In some kind of bizarro world that might be encapsulated in a script in
version control of some kind instead of a word document in a document
management system. Imagine that!

------
Roboprog
This seems like a “cultural” issue you want to investigate before you start
working somewhere. The problem is, you need to drill down to technical staff,
in private, to have any hope of getting an honest answer, as all managers seem
to fervently believe that their staff is going to write documentation.

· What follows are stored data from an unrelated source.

-- ===== src/Quota.antt =====
-- The connection quotas of lib/file: user_runtime.go, global_connections.go, and GetConn, CutConn,
-- AddConn and rememberUserConn of Client in obj.go. A limit of 0 or less is the 0 of no limit, and a
-- user id of 0 or less the 0 of no user. The counts are not bounded by the width of their words.
pub mod Users
pub mod Slots
pub mod Balance
pub mod Limits
pub mod Steps
pub mod System
use nps.Prelude.{
  ℕ, ◌+◌, ◌-◌, List, [], ◌∷◌, Option, none, some, Bool, true, false, ◌&&◌, ltb, leb, ◌==◌,
  if◌then◌else◌,
}
use Users.{Registry, Admission, refused, unaccounted, accounted, acquire_user, release_user}
use Slots.{Global, acquire_global, release_global}

-- The part of Client that the quotas use; the last owner is at the head of `owners`.
pub record Client : Type 0 where
  pub max_conn : ℕ
  pub user_id : ℕ
  pub now_conn : ℕ
  pub owners : List ℕ

-- The counters that every client shares.
pub record Shared : Type 0 where
  pub users : Registry
  pub global : Global

-- The limits that concurrent settings store between a reservation and its second check.
pub record Race : Type 0 where
  pub user_limit : Option ℕ
  pub global_limit : Option ℕ

-- CutConn
unfoldable pub cut_conn : Client → Client
cut_conn c = record c { now_conn = c.now_conn + 1 }

-- rememberUserConn
unfoldable pub remember : Client → Option ℕ → Client
remember c none = c
remember c (some id) = record c { owners = id ∷ c.owners }

unfoldable pub give_back : Registry → Option ℕ → Registry
give_back users none = users
give_back users (some id) = release_user users id

-- What follows the client's own reservation: the global slot, or the release of what was taken.
unfoldable pub with_global : Client → Shared → Option ℕ → Option ℕ → Bool × Client × Shared
unfolding remember give_back cut_conn
with_global c s owner lowered =
    let (taken, global) = acquire_global s.global lowered in
    if taken
    then (true, remember (cut_conn c) owner, record s { global = global })
    else (false, c, record { users = give_back s.users owner; global = global })

-- GetConn once the user has a slot, or needs none
unfoldable pub with_user : Client → Shared → Option ℕ → Option ℕ → Bool × Client × Shared
unfolding with_global
with_user c s owner lowered =
    if ltb 0 c.max_conn && leb c.max_conn c.now_conn
    then (false, c, record s { users = give_back s.users owner })
    else with_global c s owner lowered

-- GetConn
unfoldable pub get_conn : Client → Shared → Race → Bool × Client × Shared
unfolding with_user
get_conn c s race =
    let (admission, users) = acquire_user s.users c.user_id race.user_limit in
    elim admission [
      | refused ↦ (false, c, record s { users = users })
      | unaccounted ↦ with_user c (record s { users = users }) none race.global_limit
      | accounted id ↦ with_user c (record s { users = users }) (some id) race.global_limit
    ]

-- The second half of AddConn: the last owner gets the slot back.
unfoldable pub pop_owner : List ℕ → Registry → List ℕ × Registry
pop_owner [] users = ([], users)
pop_owner (id ∷ owners) users = (owners, release_user users id)

-- AddConn
unfoldable pub add_conn : Client → Shared → Client × Shared
unfolding pop_owner
add_conn c s =
    let (owners, users) = pop_owner c.owners s.users in
    (
      record c { now_conn = c.now_conn - 1; owners = owners },
      record {
        users = users;
        global = if ltb 0 c.now_conn then release_global s.global else s.global;
      },
    )
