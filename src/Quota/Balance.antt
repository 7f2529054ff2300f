-- ===== src/Quota/Balance.antt =====
-- How GetConn and AddConn move the counts of a client, of its user and of all connections.
use nps.Prelude.{
  ℕ, zero, suc, ◌+◌, ◌-◌, ◌≡◌, refl, sym, ap, ◌∙◌, List, [], ◌∷◌, Option, none, some, true, false,
  ◌&&◌, ltb, leb, ◌==◌, ==_iff, if◌then◌else◌, arith, Bool-cases, inl, inr, ◌⊎◌,
}
use nps.Quota.Users.{
  User, Registry, Admission, refused, unaccounted, accounted, put, or_new, reserve, acquire_user,
  release_state, release_user, connections_of, user_connections,
}
use nps.Quota.Slots.{stored}

abbrev pub one : ℕ → ℕ → ℕ
one id j = if j == id then 1 else 0

-- How many connections of a client are counted for a user.
abbrev pub share : List ℕ → ℕ → ℕ
share [] j = 0
share (id ∷ owners) j = one id j + share owners j

pub connections-put :
    (users : Registry) (id : ℕ) (u : Option User) (j : ℕ)
    → user_connections (put users (suc id) u) j
      ≡ (if j == suc id then connections_of u else user_connections users j)
unfolding user_connections put
connections-put users id u zero = ground arith
connections-put users id u (suc j) = elim (Bool-cases (suc j == suc id)) [
  | inl same ↦ rw same refl
  | inr other ↦ rw other refl
]

-- The counts of one user replaced by another number.
pub moved :
    (users : Registry) (id : ℕ) (u : Option User) (j n : ℕ)
    → connections_of u ≡ n
    → user_connections (put users (suc id) u) j
      ≡ (if j == suc id then n else user_connections users j)
moved users id u j n e =
    connections-put users id u j ∙ ap (λ m. if j == suc id then m else user_connections users j) e

pub same_user :
    (users : Registry) (id j : ℕ)
    → (j == id) ≡ true
    → user_connections users j ≡ user_connections users id
same_user users id j e = ap (user_connections users) ((==_iff j id).0 e)

pub connections-or_new : (u : Option User) → (or_new u).now_conn ≡ connections_of u
unfolding or_new connections_of
connections-or_new none = refl
connections-or_new (some u) = refl

pub data Acquires (users : Registry) : Admission × Registry → Type 0 where
  no_user : Acquires users (unaccounted, users)
  at_limit :
      (users' : Registry)
      → ((j : ℕ) → user_connections users' j ≡ user_connections users j)
      → Acquires users (refused, users')
  takes :
      (id : ℕ) (users' : Registry)
      → ((j : ℕ) → user_connections users' j ≡ user_connections users j + one id j)
      → Acquires users (accounted id, users')

pub kept :
    (users : Registry) (id j : ℕ)
    → (if j == id then user_connections users id else user_connections users j)
      ≡ user_connections users j
kept users id j = elim (Bool-cases (j == id)) [
  | inl same ↦ rw same (sym (same_user users id j same))
  | inr other ↦ rw other refl
]

added :
    (users : Registry) (id j : ℕ)
    → (if j == id then user_connections users id + 1 else user_connections users j)
      ≡ user_connections users j + one id j
added users id j = elim (Bool-cases (j == id)) [
  | inl same ↦ rw same (ap (λ m. m + 1) (sym (same_user users id j same)))
  | inr other ↦ rw other (omega arith)
]

pub removed :
    (users : Registry) (id j : ℕ)
    → (if j == id then user_connections users id - 1 else user_connections users j)
      ≡ user_connections users j - one id j
removed users id j = elim (Bool-cases (j == id)) [
  | inl same ↦ rw same (ap (λ m. m - 1) (sym (same_user users id j same)))
  | inr other ↦ rw other (omega arith)
]

pub reserve-cases :
    (u : User) (lowered : Option ℕ)
    → ((u' : User) × (reserve u lowered ≡ (false, u')) × (u'.now_conn ≡ u.now_conn))
      ⊎ ((u' : User) × (reserve u lowered ≡ (true, u')) × (u'.now_conn ≡ u.now_conn + 1))
unfolding reserve
reserve-cases u lowered = elim (Bool-cases (ltb 0 u.max_conn && leb u.max_conn u.now_conn)) [
  | inl full ↦ inl (u, rw full refl, refl)
  | inr room ↦ elim (Bool-cases (ltb 0 updated && ltb updated (u.now_conn + 1))) [
    | inl over ↦ inl (
      record u { max_conn = updated; now_conn = u.now_conn + 1 - 1 },
      rw (room, over) refl,
      omega arith,
    )
    | inr fits ↦
        inr (record u { max_conn = updated; now_conn = u.now_conn + 1 }, rw (room, fits) refl, refl)
  ]
]
  where
    updated : ℕ
    updated = stored lowered u.max_conn

pub acquire_user-Acquires :
    (users : Registry) (id : ℕ) (lowered : Option ℕ)
    → Acquires users (acquire_user users id lowered)
unfolding acquire_user user_connections connections_of
acquire_user-Acquires users zero lowered = no_user
acquire_user-Acquires users (suc id) lowered =
    elim (reserve-cases (or_new (users (suc id))) lowered) [
      | inl (u, e, n) ↦ rw e (
          at_limit (put users (suc id) (some u)) (λ j.
            moved users id (some u) j (user_connections users (suc id)) (n ∙ same_now)
            ∙ kept users (suc id) j))
      | inr (u, e, n) ↦ rw e (
          takes (suc id) (put users (suc id) (some u)) (λ j.
            moved users id (some u) j (user_connections users (suc id) + 1)
              (n ∙ ap (λ m. m + 1) same_now)
            ∙ added users (suc id) j))
    ]
  where
    same_now : (or_new (users (suc id))).now_conn ≡ user_connections users (suc id)
    same_now = connections-or_new (users (suc id))

connections-release_state :
    (u : Option User) → connections_of (release_state u) ≡ connections_of u - 1
unfolding connections_of release_state
connections-release_state none = refl
connections-release_state (some u) = ground arith

pub connections-release_user :
    (users : Registry) (id j : ℕ)
    → user_connections (release_user users id) j ≡ user_connections users j - one id j
unfolding release_user user_connections connections_of
connections-release_user users zero zero = refl
connections-release_user users zero (suc j) = ground arith
connections-release_user users (suc id) j =
    moved users id (release_state (users (suc id))) j (user_connections users (suc id) - 1)
      (connections-release_state (users (suc id)))
    ∙ removed users (suc id) j
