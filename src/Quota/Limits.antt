-- ===== src/Quota/Limits.antt =====
-- GetConn and AddConn on one client: when a connection is admitted, and what each call counts.
use nps.Prelude.{
  zero, suc, ap, ◌∙◌, ℕ, ◌+◌, ◌-◌, ◌≤◌, ◌<◌, ◌≡◌, refl, List, [], ◌∷◌, Option, none, some, Bool,
  true, false, ◌&&◌, ltb, leb, if◌then◌else◌, arith, length, Bool-cases, inl, inr, ◌⊎◌,
}
use nps.Quota.Users.{
  User, reserve, put, or_new, Registry, Admission, refused, unaccounted, accounted, acquire_user,
  user_connections,
}
use nps.Quota.Slots.{Global, stored, acquire_global, release_global}
use nps.Quota.{
  Client, Shared, Race, cut_conn, remember, give_back, with_global, with_user, get_conn, pop_owner,
  add_conn,
}
use nps.Quota.Balance.{
  reserve-cases, one, share, Acquires, no_user, at_limit, takes, acquire_user-Acquires,
  connections-release_user,
}

-- The slots of a user that a reservation has taken and no connection holds yet.
abbrev pub pending : Option ℕ → ℕ → ℕ
pending none j = 0
pending (some id) j = one id j

-- What GetConn does: a connection counted everywhere and within the client's limit, or nothing.
pub data Serves (c : Client) (s : Shared) (owner : Option ℕ) : Bool × Client × Shared → Type 0 where
  admits :
      (s' : Shared)
      → (0 < c.max_conn → c.now_conn < c.max_conn)
      → (0 < s.global.max_conn → s.global.now_conn < s.global.max_conn)
      → s'.global.now_conn ≡ s.global.now_conn + 1
      → ((j : ℕ) → user_connections s'.users j ≡ user_connections s.users j)
      → Serves c s owner (true, remember (cut_conn c) owner, s')
  refuses :
      (s' : Shared)
      → s'.global.now_conn ≡ s.global.now_conn
      → ((j : ℕ) → user_connections s'.users j ≡ user_connections s.users j - pending owner j)
      → Serves c s owner (false, c, s')

pub connections-give_back :
    (users : Registry) (owner : Option ℕ) (j : ℕ)
    → user_connections (give_back users owner) j ≡ user_connections users j - pending owner j
unfolding give_back
connections-give_back users none j = omega arith
connections-give_back users (some id) j = connections-release_user users id j

acquire_global-cases :
    (g : Global) (lowered : Option ℕ)
    → ((g' : Global) × (acquire_global g lowered ≡ (false, g')) × (g'.now_conn ≡ g.now_conn))
      ⊎ ((g' : Global) × (acquire_global g lowered ≡ (true, g'))
          × (g'.now_conn ≡ g.now_conn + 1)
          × (0 < g.max_conn → g.now_conn < g.max_conn))
unfolding acquire_global
acquire_global-cases g lowered = elim (Bool-cases (ltb 0 g.max_conn && leb g.max_conn g.now_conn)) [
  | inl full ↦ inl (g, rw full refl, refl)
  | inr room ↦
      elim (Bool-cases (ltb 0 g.max_conn && (ltb 0 updated && ltb updated (g.now_conn + 1)))) [
        | inl over ↦ inl (
          record { max_conn = updated; now_conn = g.now_conn + 1 - 1 },
          rw (room, over) refl,
          omega arith,
        )
        | inr fits ↦ inr (
          record { max_conn = updated; now_conn = g.now_conn + 1 },
          rw (room, fits) refl,
          refl,
          λ limited. ground (arith, room, limited),
        )
      ]
]
  where
    updated : ℕ
    updated = stored lowered g.max_conn

with_user-Serves :
    (c : Client) (s : Shared) (owner : Option ℕ) (lowered : Option ℕ)
    → Serves c s owner (with_user c s owner lowered)
unfolding with_user with_global
with_user-Serves c s owner lowered =
    elim (Bool-cases (ltb 0 c.max_conn && leb c.max_conn c.now_conn)) [
      | inl full ↦ rw full (
          refuses (record s { users = give_back s.users owner }) refl
            (connections-give_back s.users owner))
      | inr room ↦ rw room (elim (acquire_global-cases s.global lowered) [
        | inl (g, e, n) ↦ rw e (
            refuses (record { users = give_back s.users owner; global = g }) n
              (connections-give_back s.users owner))
        | inr (g, e, n, limit) ↦ rw e (
            admits (record s { global = g }) (λ limited. ground (arith, room, limited)) limit n
              (λ j. refl))
      ])
    ]

-- What GetConn answers and leaves, for a client and the shared counters.
pub data Answers (c : Client) (s : Shared) : Bool × Client × Shared → Type 0 where
  connected :
      (c' : Client) (s' : Shared)
      → (0 < c.max_conn → c'.now_conn ≤ c.max_conn)
      → (0 < s.global.max_conn → s'.global.now_conn ≤ s.global.max_conn)
      → c'.now_conn ≡ c.now_conn + 1
      → s'.global.now_conn ≡ s.global.now_conn + 1
      → length c'.owners ≤ length c.owners + 1
      → ((j : ℕ)
          → user_connections s'.users j + share c.owners j
            ≡ user_connections s.users j + share c'.owners j)
      → Answers c s (true, c', s')
  turned_away :
      (s' : Shared)
      → s'.global.now_conn ≡ s.global.now_conn
      → ((j : ℕ) → user_connections s'.users j ≡ user_connections s.users j)
      → Answers c s (false, c, s')

-- The slot that was taken before is held by the connection, or is given back.
after_user :
    (c : Client) (s : Shared) (users : Registry) (owner : Option ℕ)
    → ((j : ℕ) → user_connections users j ≡ user_connections s.users j + pending owner j)
    → (r : Bool × Client × Shared) → Serves c (record s { users = users }) owner r
    → Answers c s r
unfolding cut_conn remember
after_user c s users none taken _ (admits s' limit global_limit counted same) =
    connected (cut_conn c) s' (λ l. omega (arith, limit l))
      (λ l. omega (arith, global_limit l, counted)) refl counted (omega arith)
      (λ j. omega (arith, same j, taken j))
after_user c s users (some id) taken _ (admits s' limit global_limit counted same) =
    connected (remember (cut_conn c) (some id)) s' (λ l. omega (arith, limit l))
      (λ l. omega (arith, global_limit l, counted)) refl counted (omega arith)
      (λ j. omega (arith, same j, taken j))
after_user c s users owner taken _ (refuses s' counted same) =
    turned_away s' counted (λ j. omega (arith, same j, taken j))

-- GetConn either admits a connection, within the limits of the client and of all connections, and
-- counts it once for the client, for all connections and for the owner that it remembers, or
-- changes no count, whatever limits are stored meanwhile.
pub get_conn-Answers : (c : Client) (s : Shared) (race : Race) → Answers c s (get_conn c s race)
unfolding get_conn
get_conn-Answers c s race =
    by_user (acquire_user s.users c.user_id race.user_limit)
      (acquire_user-Acquires s.users c.user_id race.user_limit)
  where
    by_user :
        (r : Admission × Registry)
        → Acquires s.users r
        → Answers c s (elim r.0 [
          | refused ↦ (false, c, record s { users = r.1 })
          | unaccounted ↦ with_user c (record s { users = r.1 }) none race.global_limit
          | accounted id ↦ with_user c (record s { users = r.1 }) (some id) race.global_limit
        ])
    by_user _ no_user =
        after_user c s s.users none (λ j. omega arith) (with_user c s none race.global_limit)
          (with_user-Serves c s none race.global_limit)
    by_user _ (at_limit users same) = turned_away (record s { users = users }) refl same
    by_user _ (takes id users same) =
        after_user c s users (some id) same
          (with_user c (record s { users = users }) (some id) race.global_limit)
          (with_user-Serves c (record s { users = users }) (some id) race.global_limit)

pop_owner-gives_back :
    (owners : List ℕ) (users : Registry) (j : ℕ)
    → let (rest, users') = pop_owner owners users in
      (user_connections users' j ≡ user_connections users j - (share owners j - share rest j))
      × (share rest j ≤ share owners j)
      × (length rest ≡ length owners - 1)
unfolding pop_owner
pop_owner-gives_back [] users j = (omega arith, omega arith, refl)
pop_owner-gives_back (id ∷ owners) users j =
    (omega (arith, connections-release_user users id j), omega arith, omega arith)

-- AddConn takes one connection off the client, one off all connections if the client had one, and
-- one off the last owner, as far as it was counted; and it forgets that owner.
pub add_conn-releases :
    (c : Client) (s : Shared) (j : ℕ)
    → let (c', s') = add_conn c s in
      (c'.now_conn ≡ c.now_conn - 1)
      × (s'.global.now_conn
          ≡ (if ltb 0 c.now_conn then s.global.now_conn - 1 else s.global.now_conn))
      × (user_connections s'.users j
          ≡ user_connections s.users j - (share c.owners j - share c'.owners j))
      × (share c'.owners j ≤ share c.owners j)
      × (length c'.owners ≡ length c.owners - 1)
unfolding add_conn release_global
add_conn-releases c s j =
    let (users, less, shorter) = pop_owner-gives_back c.owners s.users j in
    (refl, ground arith, users, less, shorter)

reserve-within :
    (u u' : User) (lowered : Option ℕ)
    → reserve u lowered ≡ (true, u')
    → 0 < u'.max_conn
    → u'.now_conn ≤ u'.max_conn
unfolding reserve
reserve-within u u' lowered e limited = ground arith

-- If acquireUserConnection accounts a connection to a user whose limit, after what a concurrent
-- setting may have stored, is positive, the count of the user is then within that limit.
pub acquire_user-within :
    (users : Registry) (id : ℕ) (lowered : Option ℕ) (u : User)
    → (acquire_user users id lowered).0 ≡ accounted id
    → (acquire_user users id lowered).1 id ≡ some u
    → 0 < u.max_conn
    → u.now_conn ≤ u.max_conn
unfolding acquire_user put
acquire_user-within users zero lowered u taken found limited = absurd (cc taken)
acquire_user-within users (suc id) lowered u taken found limited =
    elim (reserve-cases (or_new (users (suc id))) lowered) [
      | inl (u', e, n) ↦ absurd (ground (arith, ap (λ r. r.0) e, taken))
      | inr (u', e, n) ↦
          reserve-within (or_new (users (suc id))) u lowered
            (e ∙ ap (λ x. (true, x)) (stored_user u' e)) limited
    ]
  where
    stored_user : (u' : User) → reserve (or_new (users (suc id))) lowered ≡ (true, u') → u' ≡ u
    stored_user u' e = ground (arith, e, found)
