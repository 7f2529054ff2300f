-- ===== src/Quota/Steps.antt =====
-- The system of all clients and settings, its steps, and when its counts are in balance.
use nps.Prelude.{ℕ, ◌+◌, ◌≤◌, ◌≡◌, List, [], ◌∷◌, ◌++◌, length, All}
use nps.Quota.Users.{set_user_limits, cleanup_user, user_connections}
use nps.Quota.Slots.{set_global_max_conn}
use nps.Quota.{Client, Shared, Race, get_conn, add_conn}
use nps.Quota.Balance.{share}

pub record System : Type 0 where
  pub clients : List Client
  pub shared : Shared

abbrev pub system : List Client → Client → List Client → Shared → System
system before c after s = record { clients = before ++ (c ∷ after); shared = s }

pub data Step : System → System → Type 0 where
  gets :
      (before : List Client) (c : Client) (after : List Client) (s : Shared) (race : Race)
      → Step
          (system before c after s)
          (system before (get_conn c s race).1 after (get_conn c s race).2)
  gives :
      (before : List Client) (c : Client) (after : List Client) (s : Shared)
      → Step (system before c after s) (system before (add_conn c s).0 after (add_conn c s).1)
  joins :
      (clients : List Client) (s : Shared) (max_conn user_id : ℕ)
      → Step
          (record { clients = clients; shared = s })
          (record {
            clients =
                record { max_conn = max_conn; user_id = user_id; now_conn = 0; owners = [] }
                ∷ clients;
            shared = s;
          })
  sets_global :
      (clients : List Client) (s : Shared) (limit : ℕ)
      → Step
          (record { clients = clients; shared = s })
          (record {
            clients = clients;
            shared = record s { global = set_global_max_conn s.global limit };
          })
  sets_user :
      (clients : List Client) (s : Shared) (id max upload download : ℕ)
      → Step
          (record { clients = clients; shared = s })
          (record {
            clients = clients;
            shared = record s { users = set_user_limits s.users id max upload download };
          })
  deletes_user :
      (clients : List Client) (s : Shared) (id : ℕ)
      → Step
          (record { clients = clients; shared = s })
          (record { clients = clients; shared = record s { users = cleanup_user s.users id } })

abbrev pub connections : List Client → ℕ
connections [] = 0
connections (c ∷ cs) = c.now_conn + connections cs

-- The connections that the clients hold for a user.
abbrev pub held_for : List Client → ℕ → ℕ
held_for [] j = 0
held_for (c ∷ cs) j = share c.owners j + held_for cs j

abbrev pub Owned : Client → Type 0
Owned c = length c.owners ≤ c.now_conn

-- Every slot that is counted belongs to a connection that a client still has.
pub record Balanced (y : System) : Type 0 where
  pub all : y.shared.global.now_conn ≡ connections y.clients
  pub owned : All Owned y.clients
  pub users : (j : ℕ) → user_connections y.shared.users j ≤ held_for y.clients j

Personally, I am NOT in the “self documenting” camp. I’m more on the side of
what research there is that suggests that summary documentation for
modules/routines saves about 10% of the time when you go to reread some code.
Also, the “self documenting code” side seems to be under the impression that I
actually want to read their code - AT ALL - when I could often avoid having to
do so, at least for large swaths.

That said, the developers who prefer not to document should stick to
themselves, and away from thos of us who wish that they did. Thus, “cultural
issue”, I think both sides will be happier if they stay away from each other.
Yeah, this feels like Steve Yeagge’s “software liberal vs conservative” sort
of axis.

I’m glad they didn’t teach “self documenting mathematics” back when I was in
school :-)

------
branko_d
Few random observations from my experience:

\- The docs and the code should live at different abstraction levels. Docs add
most value when they explain things which are not readily expressible in code.

\- Docs are often written first, as a mental tool to fully understand the
problem. In this context, if the docs and code differ, the bug is usually in
the code.

\- In rare, but highly valuable cases, docs can be non-textual. Database
models (ER diagrams) are a prime example.

\- With right tooling, docs become part of IDE experience. A popup shows not
just the signature of the method under the cursor, but its doc comments as
well. This means less jumping around and better "flow" when trying to
comprehend somebody else's (or your own!) code.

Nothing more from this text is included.